:: RECORDS TO PROCESS ::
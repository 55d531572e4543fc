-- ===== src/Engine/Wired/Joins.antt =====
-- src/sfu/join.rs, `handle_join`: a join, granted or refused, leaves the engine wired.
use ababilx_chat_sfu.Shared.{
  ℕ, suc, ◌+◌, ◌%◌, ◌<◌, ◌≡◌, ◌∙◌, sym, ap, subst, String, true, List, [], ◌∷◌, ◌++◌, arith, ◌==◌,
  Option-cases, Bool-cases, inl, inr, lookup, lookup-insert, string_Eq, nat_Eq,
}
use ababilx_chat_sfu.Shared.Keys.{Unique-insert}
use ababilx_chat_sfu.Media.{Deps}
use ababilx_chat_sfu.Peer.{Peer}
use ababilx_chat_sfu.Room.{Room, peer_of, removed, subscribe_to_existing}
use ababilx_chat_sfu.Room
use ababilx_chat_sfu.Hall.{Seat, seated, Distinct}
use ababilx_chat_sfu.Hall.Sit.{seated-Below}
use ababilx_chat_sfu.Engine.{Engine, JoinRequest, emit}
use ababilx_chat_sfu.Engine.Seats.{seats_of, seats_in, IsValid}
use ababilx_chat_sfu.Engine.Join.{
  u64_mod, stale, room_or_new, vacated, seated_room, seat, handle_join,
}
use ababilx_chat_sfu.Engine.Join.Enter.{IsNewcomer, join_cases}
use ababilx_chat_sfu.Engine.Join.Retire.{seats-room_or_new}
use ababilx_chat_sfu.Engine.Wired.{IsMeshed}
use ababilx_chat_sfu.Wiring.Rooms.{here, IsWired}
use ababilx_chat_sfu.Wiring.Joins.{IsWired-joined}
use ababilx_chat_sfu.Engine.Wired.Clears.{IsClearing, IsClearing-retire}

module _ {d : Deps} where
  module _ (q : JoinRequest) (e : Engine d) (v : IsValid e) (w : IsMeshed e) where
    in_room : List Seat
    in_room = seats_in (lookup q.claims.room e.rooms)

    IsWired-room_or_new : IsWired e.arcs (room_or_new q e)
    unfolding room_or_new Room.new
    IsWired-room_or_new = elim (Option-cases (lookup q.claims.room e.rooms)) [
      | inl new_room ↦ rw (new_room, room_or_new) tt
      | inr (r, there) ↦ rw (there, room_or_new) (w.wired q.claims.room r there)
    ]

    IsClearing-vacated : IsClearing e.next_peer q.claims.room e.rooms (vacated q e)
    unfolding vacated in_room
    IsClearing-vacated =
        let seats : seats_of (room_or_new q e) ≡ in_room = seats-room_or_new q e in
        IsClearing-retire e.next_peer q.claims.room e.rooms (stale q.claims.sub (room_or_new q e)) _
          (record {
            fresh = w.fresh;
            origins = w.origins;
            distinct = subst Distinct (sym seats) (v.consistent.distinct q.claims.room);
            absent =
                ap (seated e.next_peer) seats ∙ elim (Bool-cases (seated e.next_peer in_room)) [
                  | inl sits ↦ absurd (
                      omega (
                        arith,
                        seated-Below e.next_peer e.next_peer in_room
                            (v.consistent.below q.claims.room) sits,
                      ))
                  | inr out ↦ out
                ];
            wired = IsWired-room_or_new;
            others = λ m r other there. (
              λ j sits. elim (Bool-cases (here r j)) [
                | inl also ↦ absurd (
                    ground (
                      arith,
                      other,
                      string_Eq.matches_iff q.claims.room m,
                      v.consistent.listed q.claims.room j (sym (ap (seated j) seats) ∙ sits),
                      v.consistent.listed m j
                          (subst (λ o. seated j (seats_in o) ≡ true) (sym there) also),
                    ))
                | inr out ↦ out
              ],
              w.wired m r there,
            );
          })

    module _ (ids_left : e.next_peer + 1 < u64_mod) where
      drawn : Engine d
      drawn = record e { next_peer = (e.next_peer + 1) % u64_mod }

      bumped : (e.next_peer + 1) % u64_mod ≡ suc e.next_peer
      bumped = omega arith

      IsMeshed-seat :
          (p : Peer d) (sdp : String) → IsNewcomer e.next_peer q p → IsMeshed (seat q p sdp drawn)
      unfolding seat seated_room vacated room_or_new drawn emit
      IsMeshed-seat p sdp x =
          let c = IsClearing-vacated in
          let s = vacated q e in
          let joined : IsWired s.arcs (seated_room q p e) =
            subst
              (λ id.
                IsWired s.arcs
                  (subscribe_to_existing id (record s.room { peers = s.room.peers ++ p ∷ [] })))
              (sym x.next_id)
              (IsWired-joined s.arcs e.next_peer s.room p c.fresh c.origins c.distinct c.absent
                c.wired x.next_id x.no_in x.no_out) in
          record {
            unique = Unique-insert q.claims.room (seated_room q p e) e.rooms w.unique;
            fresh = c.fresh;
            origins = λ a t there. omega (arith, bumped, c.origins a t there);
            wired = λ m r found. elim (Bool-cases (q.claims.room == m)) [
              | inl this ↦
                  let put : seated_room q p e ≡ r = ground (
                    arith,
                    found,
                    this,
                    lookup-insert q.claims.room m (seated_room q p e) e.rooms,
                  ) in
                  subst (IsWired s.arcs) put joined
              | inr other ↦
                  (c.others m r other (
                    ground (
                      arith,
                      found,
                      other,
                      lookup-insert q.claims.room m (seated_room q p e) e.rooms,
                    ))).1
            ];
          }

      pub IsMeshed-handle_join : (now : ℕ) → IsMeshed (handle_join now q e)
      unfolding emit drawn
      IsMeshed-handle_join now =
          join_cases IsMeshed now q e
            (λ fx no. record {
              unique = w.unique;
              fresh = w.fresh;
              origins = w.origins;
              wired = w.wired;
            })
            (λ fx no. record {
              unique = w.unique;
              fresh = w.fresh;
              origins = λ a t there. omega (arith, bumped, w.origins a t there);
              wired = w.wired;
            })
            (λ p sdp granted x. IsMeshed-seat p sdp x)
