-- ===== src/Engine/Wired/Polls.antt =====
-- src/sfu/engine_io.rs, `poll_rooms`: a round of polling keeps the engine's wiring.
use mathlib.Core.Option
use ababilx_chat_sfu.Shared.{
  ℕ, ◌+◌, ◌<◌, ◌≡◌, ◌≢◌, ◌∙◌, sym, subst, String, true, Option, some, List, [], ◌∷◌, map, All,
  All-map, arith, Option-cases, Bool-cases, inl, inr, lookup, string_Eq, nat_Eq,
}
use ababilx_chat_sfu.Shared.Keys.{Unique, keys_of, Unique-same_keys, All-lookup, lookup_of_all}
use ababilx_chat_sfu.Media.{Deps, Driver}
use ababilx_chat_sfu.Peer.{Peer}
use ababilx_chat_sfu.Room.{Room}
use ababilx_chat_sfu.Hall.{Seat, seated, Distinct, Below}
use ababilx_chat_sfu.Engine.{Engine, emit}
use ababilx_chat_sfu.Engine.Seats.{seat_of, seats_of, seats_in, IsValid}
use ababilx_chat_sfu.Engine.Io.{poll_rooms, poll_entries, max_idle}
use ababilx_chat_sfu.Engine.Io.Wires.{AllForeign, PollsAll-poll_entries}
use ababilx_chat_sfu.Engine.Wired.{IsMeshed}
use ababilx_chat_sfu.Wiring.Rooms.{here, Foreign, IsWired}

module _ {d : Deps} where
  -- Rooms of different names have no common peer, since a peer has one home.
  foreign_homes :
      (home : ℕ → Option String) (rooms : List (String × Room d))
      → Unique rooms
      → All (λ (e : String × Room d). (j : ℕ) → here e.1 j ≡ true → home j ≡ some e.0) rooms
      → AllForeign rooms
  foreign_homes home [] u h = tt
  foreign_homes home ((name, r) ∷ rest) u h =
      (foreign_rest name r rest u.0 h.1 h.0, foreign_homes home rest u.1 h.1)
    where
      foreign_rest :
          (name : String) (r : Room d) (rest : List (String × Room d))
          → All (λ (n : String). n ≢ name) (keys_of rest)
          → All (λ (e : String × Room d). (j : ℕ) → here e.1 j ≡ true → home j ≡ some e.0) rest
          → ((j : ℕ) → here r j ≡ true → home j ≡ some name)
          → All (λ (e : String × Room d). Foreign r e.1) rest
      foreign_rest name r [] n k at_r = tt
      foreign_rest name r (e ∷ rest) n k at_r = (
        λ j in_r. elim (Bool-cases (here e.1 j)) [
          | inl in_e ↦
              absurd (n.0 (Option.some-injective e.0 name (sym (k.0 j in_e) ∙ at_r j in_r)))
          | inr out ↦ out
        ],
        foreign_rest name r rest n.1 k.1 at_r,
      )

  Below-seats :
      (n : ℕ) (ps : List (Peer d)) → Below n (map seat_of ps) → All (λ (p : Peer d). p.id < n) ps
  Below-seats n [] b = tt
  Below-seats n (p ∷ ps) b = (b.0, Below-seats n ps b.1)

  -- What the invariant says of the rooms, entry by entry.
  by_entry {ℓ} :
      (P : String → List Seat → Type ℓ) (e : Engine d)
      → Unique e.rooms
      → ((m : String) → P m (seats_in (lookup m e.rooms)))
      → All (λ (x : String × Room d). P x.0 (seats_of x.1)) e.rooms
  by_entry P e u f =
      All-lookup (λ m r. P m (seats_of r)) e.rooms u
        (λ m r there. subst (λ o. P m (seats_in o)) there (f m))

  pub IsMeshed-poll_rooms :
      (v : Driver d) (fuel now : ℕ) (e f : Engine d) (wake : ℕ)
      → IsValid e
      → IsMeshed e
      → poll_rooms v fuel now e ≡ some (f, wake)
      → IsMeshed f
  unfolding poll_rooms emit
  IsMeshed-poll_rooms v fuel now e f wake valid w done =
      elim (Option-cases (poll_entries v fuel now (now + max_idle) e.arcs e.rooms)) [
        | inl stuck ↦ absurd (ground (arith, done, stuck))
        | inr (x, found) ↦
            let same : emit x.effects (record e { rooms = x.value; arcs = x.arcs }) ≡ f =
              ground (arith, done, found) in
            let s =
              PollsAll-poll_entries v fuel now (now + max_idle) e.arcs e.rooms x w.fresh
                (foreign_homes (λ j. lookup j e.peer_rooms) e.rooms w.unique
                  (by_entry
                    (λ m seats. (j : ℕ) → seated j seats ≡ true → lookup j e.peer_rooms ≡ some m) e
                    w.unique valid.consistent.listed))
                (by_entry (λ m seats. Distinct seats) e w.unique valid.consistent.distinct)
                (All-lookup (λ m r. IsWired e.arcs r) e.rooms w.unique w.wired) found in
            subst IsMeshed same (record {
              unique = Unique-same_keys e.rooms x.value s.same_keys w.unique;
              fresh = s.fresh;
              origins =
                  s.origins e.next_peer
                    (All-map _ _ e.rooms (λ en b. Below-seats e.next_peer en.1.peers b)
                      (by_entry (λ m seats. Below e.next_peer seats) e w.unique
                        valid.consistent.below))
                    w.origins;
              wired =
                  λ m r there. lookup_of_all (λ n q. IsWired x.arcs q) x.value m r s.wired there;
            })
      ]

:: TASK DIRECTIONS ::
Supply the number of lines above that contain the word "Hall", and nothing else.

:: SOLVED PROBLEM ::
3